> [Prompt] Your output should consist solely of the lines from the one with "c e) batches" through the end of the records, reproduced exactly, both ends included.

-- Available records follows --

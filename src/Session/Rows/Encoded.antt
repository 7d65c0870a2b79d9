-- ===== src/Session/Rows/Encoded.antt =====
-- The number of rows of an answer.
use exa_postgres_interface.Base.{
  ℕ, zero, suc, ◌==◌, ==_iff, Bool-cases, inl, inr, List, [], ◌∷◌, Option, All, length,
  length-append, ◌≡◌, refl, ap, ◌∙◌, arith,
}
use exa_postgres_interface.Batches.{total_rows}
use exa_postgres_interface.Base.Text.{Text}
use exa_postgres_interface.Crates.{Crates}
use exa_postgres_interface.Exasol.Endpoint.{Checked}
use exa_postgres_interface.Session.Types.{FieldInfo}
use exa_postgres_interface.Session.Rows.{
  Encoder, Columns, formatters, encode_rows_from, encode_batch_rows, encode_batches,
  query_response_arrow,
}

module _ {k : Crates} (c : Columns k) (e : Encoder) where
  length-encode_rows_from :
      (batch : k.RecordBatch) (fs : List (ℕ → Checked Text)) (row_idx n : ℕ) (s : e.State)
      → length ((encode_rows_from c e batch fs row_idx n s).1) ≡ n
  length-encode_rows_from batch fs row_idx zero s = refl
  length-encode_rows_from batch fs row_idx (suc n) s =
      ap suc (length-encode_rows_from batch fs (suc row_idx) n _)

  -- Every column of the batch has a formatter.
  abbrev pub IsFormatted : k.RecordBatch → Type 0
  IsFormatted batch = (fs : List (ℕ → Checked Text)) × (formatters c batch ≡ Checked.valid fs)

  length-encode_batch_rows :
      (batch : k.RecordBatch) (s : e.State)
      → IsFormatted batch
      → length ((encode_batch_rows c e batch s).1) ≡ k.num_rows batch
  unfolding encode_batch_rows
  length-encode_batch_rows batch s (fs, h) = elim (Bool-cases (k.num_rows batch == 0)) [
    | inl empty ↦
        rw (empty, encode_batch_rows) (ground (arith, (==_iff (k.num_rows batch) 0).0 empty))
    | inr filled ↦
        rw (filled, encode_batch_rows)
          (rw h (length-encode_rows_from batch fs 0 (k.num_rows batch) s))
  ]

  length-encode_batches :
      (batches : List k.RecordBatch) (s : e.State)
      → All IsFormatted batches
      → length (encode_batches c e batches s) ≡ total_rows k batches
  length-encode_batches [] s h = refl
  length-encode_batches (batch ∷ batches) s (h, hs) =
      let (s', rows) = encode_batch_rows c e batch s in
      length-append ((encode_batch_rows c e batch s).1) _
      ∙ omega (
        arith,
        length-encode_batch_rows batch s h,
        length-encode_batches batches ((encode_batch_rows c e batch s).0) hs,
      )

-- The answer made from Arrow batches has a row, or the error of a row, for each row of the batches,
-- whatever the encoder does, if the columns of the batches have formatters.
pub query_response_arrow-total_rows :
    {k : Crates} (c : Columns k) (e : Encoder) (schema : List FieldInfo)
    (batches : List k.RecordBatch) (command_tag : Option Text)
    → All (IsFormatted c e) batches
    → length ((query_response_arrow c e schema batches command_tag).rows) ≡ total_rows k batches
unfolding query_response_arrow
query_response_arrow-total_rows c e schema batches command_tag h =
    length-encode_batches c e batches (e.new schema) h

-- Available records concluded --

> [Exercise response]
    → All (IsFormatted c e) batches
    → length ((query_response_arrow c e schema batches command_tag).rows) ≡ total_rows k batches
unfolding query_response_arrow
query_response_arrow-total_rows c e schema batches command_tag h =
    length-encode_batches c e batches (e.new schema) h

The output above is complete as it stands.